I have this rather bland voice. It isn't squeeky, but it isn't deep and velvety, either. So when the persistant cold, which I have had the pleasure of enduring for a few weeks now, dropped my voice down to a smooth baritone, I was happy as a clam. My wife maintains there is nothing that can be done to make the change permanent, except taking up serious whisky-drinking and cigar smoking. Which actually doesn't sound that bad. Except I couldn't really do that to my little girl. So I am just enjoying this while it lasts.
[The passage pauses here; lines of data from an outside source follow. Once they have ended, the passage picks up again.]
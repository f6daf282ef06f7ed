-- ===== src/Messages/Command/Words.antt =====
-- Commands of a subscriber as texts, and that helpers.cpp reads them.
use communication_protocols.Base.{
  ℕ, ◌<◌, ◌≡◌, refl, ap, ◌∙◌, Bool, true, false, ◌&&◌, not, some, [], ◌∷◌, ◌++◌, Bytes, codes,
  length, length-append, ◌==◌, fits-some, same_bytes, arith,
}
use communication_protocols.Messages.Command.{
  ServerMessage, add_word, cut, tokens, decode_loop, decode_message,
}

-- The word has no space in it, and is not empty.
unfoldable pub no_space : Bytes → Bool
no_space [] = true
no_space (c ∷ word) = not (c == 32) && no_space word

cut-word :
    (word rest : Bytes) → no_space word ≡ true → cut (word ++ 32 ∷ rest) ≡ (word, tokens rest)
unfolding cut tokens no_space
cut-word [] rest h = refl
cut-word (c ∷ word) rest h = ground (arith, cut-word word rest)

cut-last : (word : Bytes) → no_space word ≡ true → cut word ≡ (word, [])
unfolding cut no_space
cut-last [] h = refl
cut-last (c ∷ word) h = ground (arith, cut-last word)

pub tokens-word :
    (word rest : Bytes)
    → no_space word ≡ true
    → tokens (word ++ 32 ∷ rest) ≡ add_word word (tokens rest)
unfolding tokens
tokens-word word rest h = ap (λ p. add_word p.0 p.1) (cut-word word rest h)

pub tokens-last : (word : Bytes) → no_space word ≡ true → tokens word ≡ add_word word []
unfolding tokens
tokens-last word h = ap (λ p. add_word p.0 p.1) (cut-last word h)

-- What a subscriber types.
pub data Typed : Type 0 where
  subscribe : Bytes → Bool → Typed
  unsubscribe : Bytes → Typed

abbrev pub flag_text : Bool → Bytes
flag_text true = codes "1\n"
flag_text false = codes "0\n"

-- The line that is typed, its end included.
abbrev pub text_of : Typed → Bytes
text_of (subscribe name sf) = codes "subscribe" ++ 32 ∷ (name ++ 32 ∷ flag_text sf)
text_of (unsubscribe name) = codes "unsubscribe" ++ 32 ∷ (name ++ codes "\n")

abbrev pub name_of : Typed → Bytes
name_of (subscribe name sf) = name
name_of (unsubscribe name) = name

-- The message that is read: the name of an unsubscription has the line's end behind it.
abbrev pub message_of : ServerMessage → Typed → ServerMessage
message_of message (subscribe name sf) = record { type = b's'; topic = name; sf = sf }
message_of message (unsubscribe name) = record {
  type = b'u';
  topic = name ++ codes "\n";
  sf = message.sf;
}

pub no_space-append :
    (xs ys : Bytes) → no_space xs ≡ true → no_space ys ≡ true → no_space (xs ++ ys) ≡ true
unfolding no_space
no_space-append [] ys hx hy = hy
no_space-append (x ∷ xs) ys hx hy = ground (arith, no_space-append xs ys)

flag_token : (sf : Bool) → tokens (flag_text sf) ≡ flag_text sf ∷ []
unfolding tokens cut
flag_token true = refl
flag_token false = refl

subscribe_words :
    (c : ℕ) (name : Bytes) (sf : Bool)
    → no_space (c ∷ name) ≡ true
    → tokens (text_of (subscribe (c ∷ name) sf))
      ≡ codes "subscribe" ∷ (c ∷ name) ∷ flag_text sf ∷ []
unfolding no_space
subscribe_words c name sf h =
    tokens-word (codes "subscribe") _ refl
    ∙ ap (λ l. codes "subscribe" ∷ l)
        (tokens-word (c ∷ name) (flag_text sf) h ∙ ap (λ l. (c ∷ name) ∷ l) (flag_token sf))

subscribe_loop :
    (message : ServerMessage) (name : Bytes) (sf : Bool)
    → length name < 51
    → decode_loop 1 (codes "subscribe" ∷ name ∷ flag_text sf ∷ []) message
      ≡ some (true, record { type = b's'; topic = name; sf = sf })
unfolding decode_loop same_bytes
subscribe_loop message name true small = rw (fits-some 51 name small, decode_loop) refl
subscribe_loop message name false small = rw (fits-some 51 name small, decode_loop) refl

unsubscribe_loop :
    (message : ServerMessage) (name : Bytes)
    → length name < 51
    → decode_loop 1 (codes "unsubscribe" ∷ name ∷ []) message
      ≡ some (true, record { type = b'u'; topic = name; sf = message.sf })
unfolding decode_loop same_bytes
unsubscribe_loop message name small = rw (fits-some 51 name small, decode_loop) refl

unsubscribe_words :
    (c : ℕ) (name : Bytes)
    → no_space (c ∷ name) ≡ true
    → tokens (text_of (unsubscribe (c ∷ name)))
      ≡ codes "unsubscribe" ∷ ((c ∷ name) ++ codes "\n") ∷ []
unfolding no_space
unsubscribe_words c name h =
    tokens-word (codes "unsubscribe") _ refl
    ∙ ap (λ l. codes "unsubscribe" ∷ l)
        (tokens-last ((c ∷ name) ++ codes "\n") (no_space-append (c ∷ name) (codes "\n") h refl))

-- A subscription or an unsubscription with a name of 1 to 49 bytes and no space in it is read as it
-- was meant, whatever message was there before; the name of an unsubscription has the end of the
-- line behind it.
pub decode_message-text_of :
    (message : ServerMessage) (typed : Typed)
    → no_space (name_of typed) ≡ true
    → 0 < length (name_of typed)
    → length (name_of typed) < 50
    → decode_message message (text_of typed) ≡ some (true, message_of message typed)
unfolding decode_message
decode_message-text_of message (subscribe [] sf) h some_byte small = absurd (omega arith)
decode_message-text_of message (unsubscribe []) h some_byte small = absurd (omega arith)
decode_message-text_of message (subscribe (c ∷ name) sf) h some_byte small =
    ap (λ words. decode_loop 1 words message) (subscribe_words c name sf h)
    ∙ subscribe_loop message (c ∷ name) sf (omega arith)
decode_message-text_of message (unsubscribe (c ∷ name)) h some_byte small =
    ap (λ words. decode_loop 1 words message) (unsubscribe_words c name h)
    ∙ unsubscribe_loop message ((c ∷ name) ++ codes "\n")
        (omega (arith, length-append (c ∷ name) (codes "\n")))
What do you do with a temporary baritone? What use can I put The Voice to? Sure, I could record myself, singing a few songs. But the cold hasn't cured my terminal off-key singing, so that really isn't appealing. I could do some James Earl Jones impressions. If you're in the market for that, drop me a line. I'm cheap. But I thought of an even better use for The Voice. I have been calling people. On the phone. Not random people, mind you, but some of my people. People that are used to my rather featureless day-to-day voice. To treat them to a suave and silky-smooth colloquy. And the results? Well, I've talked to maybe a half a dozen of my friends, on the phone, over the last couple of days, and none of them picked up on The Voice thing. Except my wife. She says I can weaken her knees with that Voice. Which is fun. But the rest of them? Well, granted, some of them are guys. And they probably wouldn't admit to finding The Voice attractive, even if they did. And people generally were busy. Or had a lot to say. All good explanations for actually listening to what I was saying, instead of what I was saying it with.
Which leaves me here. With my bountiful baritone.
"Oooooold man river, that ooooooold man river..."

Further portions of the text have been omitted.